▸ **Records shown**:
-- ===== src/Net/Crc/Xor.antt =====
-- Laws of `^` of source/net.c on numbers: it is associative and commutative, and acts on the parts of a
-- number. The native operation has no laws at variables, so they come from the recursion on digits
-- that it stands for.
use Prim.Native.Nat.{digits, differ, bit_xor-bitwise}
use native.Mathlib.Nat.{pow-suc}
use nano_s.Prelude.{
  ℕ, zero, suc, ◌+◌, ◌*◌, ◌/◌, ◌%◌, ◌^◌, ◌≤◌, ◌<◌, ◌≡◌, refl, ap, ap₂, sym, ◌∙◌, arith, bit_xor,
}

abbrev xor_digits : ℕ → ℕ → ℕ → ℕ
xor_digits = digits (λ b. b) differ

differ_bits : (x y : ℕ) → x < 2 → y < 2 → differ x y ≡ (x + y) % 2
differ_bits zero y p q = omega arith
differ_bits (suc zero) zero p q = refl
differ_bits (suc zero) (suc zero) p q = refl
differ_bits (suc zero) (suc (suc y)) p q = absurd (omega arith)
differ_bits (suc (suc x)) y p q = absurd (omega arith)

-- Any count of digits that is large enough will do.
digits_enough : (n m a b : ℕ) → a ≤ n → a ≤ m → xor_digits n a b ≡ xor_digits m a b
digits_enough zero zero zero b p q = refl
digits_enough zero (suc m) zero b p q = refl
digits_enough (suc n) zero zero b p q = refl
digits_enough (suc n) (suc m) zero b p q = refl
digits_enough zero m (suc a) b p q = absurd (omega arith)
digits_enough (suc n) zero (suc a) b p q = absurd (omega arith)
digits_enough (suc n) (suc m) (suc a) b p q =
    ap (λ t. t * 2 + differ (suc a % 2) (b % 2))
      (digits_enough n m (suc a / 2) (b / 2) (omega arith) (omega arith))

bit_xor-step : (a b : ℕ) → bit_xor a b ≡ bit_xor (a / 2) (b / 2) * 2 + (a % 2 + b % 2) % 2
bit_xor-step zero b =
    bit_xor-bitwise 0 b
    ∙ (omega arith ∙ ap (λ t. t * 2 + (0 % 2 + b % 2) % 2) (sym (bit_xor-bitwise 0 (b / 2))))
bit_xor-step (suc a) b =
    bit_xor-bitwise (suc a) b
    ∙ ap₂ (λ t u. t * 2 + u)
        (digits_enough a (suc a / 2) (suc a / 2) (b / 2) (omega arith) (omega arith)
          ∙ sym (bit_xor-bitwise (suc a / 2) (b / 2)))
        (differ_bits (suc a % 2) (b % 2) (omega arith) (omega arith))

pub bit_xor-half : (a b : ℕ) → bit_xor a b / 2 ≡ bit_xor (a / 2) (b / 2)
bit_xor-half a b = omega (arith, bit_xor-step a b)

pub bit_xor-odd : (a b : ℕ) → bit_xor a b % 2 ≡ (a % 2 + b % 2) % 2
bit_xor-odd a b = omega (arith, bit_xor-step a b)

comm_below : (n a b : ℕ) → a ≤ n → b ≤ n → bit_xor a b ≡ bit_xor b a
comm_below zero a b p q = let e : a ≡ b = omega arith in rw e refl
comm_below (suc n) a b p q = omega (
  arith,
  bit_xor-step a b,
  bit_xor-step b a,
  comm_below n (a / 2) (b / 2) (omega arith) (omega arith),
)

pub bit_xor_comm : (a b : ℕ) → bit_xor a b ≡ bit_xor b a
bit_xor_comm a b = comm_below (a + b) a b (omega arith) (omega arith)

assoc_below :
    (n a b c : ℕ) → a ≤ n → b ≤ n → c ≤ n → bit_xor (bit_xor a b) c ≡ bit_xor a (bit_xor b c)
assoc_below zero a b c p q r =
    let e : a ≡ 0 = omega arith in
    let f : b ≡ 0 = omega arith in let g : c ≡ 0 = omega arith in rw (e, f, g) refl
assoc_below (suc n) a b c p q r =
    let rest = assoc_below n (a / 2) (b / 2) (c / 2) (omega arith) (omega arith) (omega arith) in
    let left = bit_xor-step (bit_xor a b) c in
    let right = bit_xor-step a (bit_xor b c) in
    let h = bit_xor-half a b in
    let k = bit_xor-half b c in
    let left' : bit_xor (bit_xor a b) c
        ≡ bit_xor (bit_xor (a / 2) (b / 2)) (c / 2) * 2 + (bit_xor a b % 2 + c % 2) % 2 =
      rw h at left in
    let right' : bit_xor a (bit_xor b c)
        ≡ bit_xor (a / 2) (bit_xor (b / 2) (c / 2)) * 2 + (a % 2 + bit_xor b c % 2) % 2 =
      rw k at right in
    omega (arith, left', right', rest, bit_xor-odd a b, bit_xor-odd b c)

pub bit_xor_assoc : (a b c : ℕ) → bit_xor (bit_xor a b) c ≡ bit_xor a (bit_xor b c)
bit_xor_assoc a b c = assoc_below (a + (b + c)) a b c (omega arith) (omega arith) (omega arith)

pub bit_xor-zero : (a : ℕ) → bit_xor 0 a ≡ a
bit_xor-zero a = bit_xor-bitwise 0 a

-- Two numbers in parts of k digits.
pub bit_xor-fields :
    (k u v l m : ℕ)
    → l < 2 ^ k
    → m < 2 ^ k
    → bit_xor (u * 2 ^ k + l) (v * 2 ^ k + m) ≡ bit_xor u v * 2 ^ k + bit_xor l m
bit_xor-fields zero u v l m p q =
    let e : l ≡ 0 = omega arith in
    let f : m ≡ 0 = omega arith in
    let g : u * 2 ^ 0 + 0 ≡ u = omega arith in
    let h : v * 2 ^ 0 + 0 ≡ v = omega arith in rw (e, f, g, h) (omega (arith, bit_xor-zero 0))
bit_xor-fields (suc k) u v l m p q =
    let two = pow-suc 2 k in
    let us : u * 2 ^ suc k ≡ 2 * (u * 2 ^ k) = omega (arith, ap (λ (t : ℕ). u * t) two) in
    let vs : v * 2 ^ suc k ≡ 2 * (v * 2 ^ k) = omega (arith, ap (λ (t : ℕ). v * t) two) in
    let xs : bit_xor u v * 2 ^ suc k ≡ 2 * (bit_xor u v * 2 ^ k) =
      omega (arith, ap (λ (t : ℕ). bit_xor u v * t) two) in
    let half_u : (2 * (u * 2 ^ k) + l) / 2 ≡ u * 2 ^ k + l / 2 = omega arith in
    let half_v : (2 * (v * 2 ^ k) + m) / 2 ≡ v * 2 ^ k + m / 2 = omega arith in
    let rest = bit_xor-fields k u v (l / 2) (m / 2) (omega (arith, two)) (omega (arith, two)) in
    let whole = bit_xor-step (2 * (u * 2 ^ k) + l) (2 * (v * 2 ^ k) + m) in
    let whole' = rw (half_u, half_v) at whole in
    rw (us, vs, xs) (omega (arith, whole', rest, bit_xor-step l m))

pub bit_xor_lt : (k a b : ℕ) → a < 2 ^ k → b < 2 ^ k → bit_xor a b < 2 ^ k
bit_xor_lt zero a b p q =
    let e : a ≡ 0 = omega arith in
    let f : b ≡ 0 = omega arith in rw (e, f) (omega (arith, bit_xor-zero 0))
bit_xor_lt (suc k) a b p q =
    let two = pow-suc 2 k in
    omega (
      arith,
      two,
      bit_xor-step a b,
      bit_xor_lt k (a / 2) (b / 2) (omega (arith, two)) (omega (arith, two)),
    )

▸ **Your task**:
Copy out each line of the data above, exactly, if it lies between the line holding "ap (λ t. t * 2 + differ" and the line holding "(suc a / 2) (b / 2)))", inclusive; copy no other line.

▸ **Answer section**:
    ap (λ t. t * 2 + differ (suc a % 2) (b % 2))
      (digits_enough n m (suc a / 2) (b / 2) (omega arith) (omega arith))

bit_xor-step : (a b : ℕ) → bit_xor a b ≡ bit_xor (a / 2) (b / 2) * 2 + (a % 2 + b % 2) % 2
bit_xor-step zero b =
    bit_xor-bitwise 0 b
    ∙ (omega arith ∙ ap (λ t. t * 2 + (0 % 2 + b % 2) % 2) (sym (bit_xor-bitwise 0 (b / 2))))
bit_xor-step (suc a) b =
    bit_xor-bitwise (suc a) b
    ∙ ap₂ (λ t u. t * 2 + u)
        (digits_enough a (suc a / 2) (suc a / 2) (b / 2) (omega arith) (omega arith)
          ∙ sym (bit_xor-bitwise (suc a / 2) (b / 2)))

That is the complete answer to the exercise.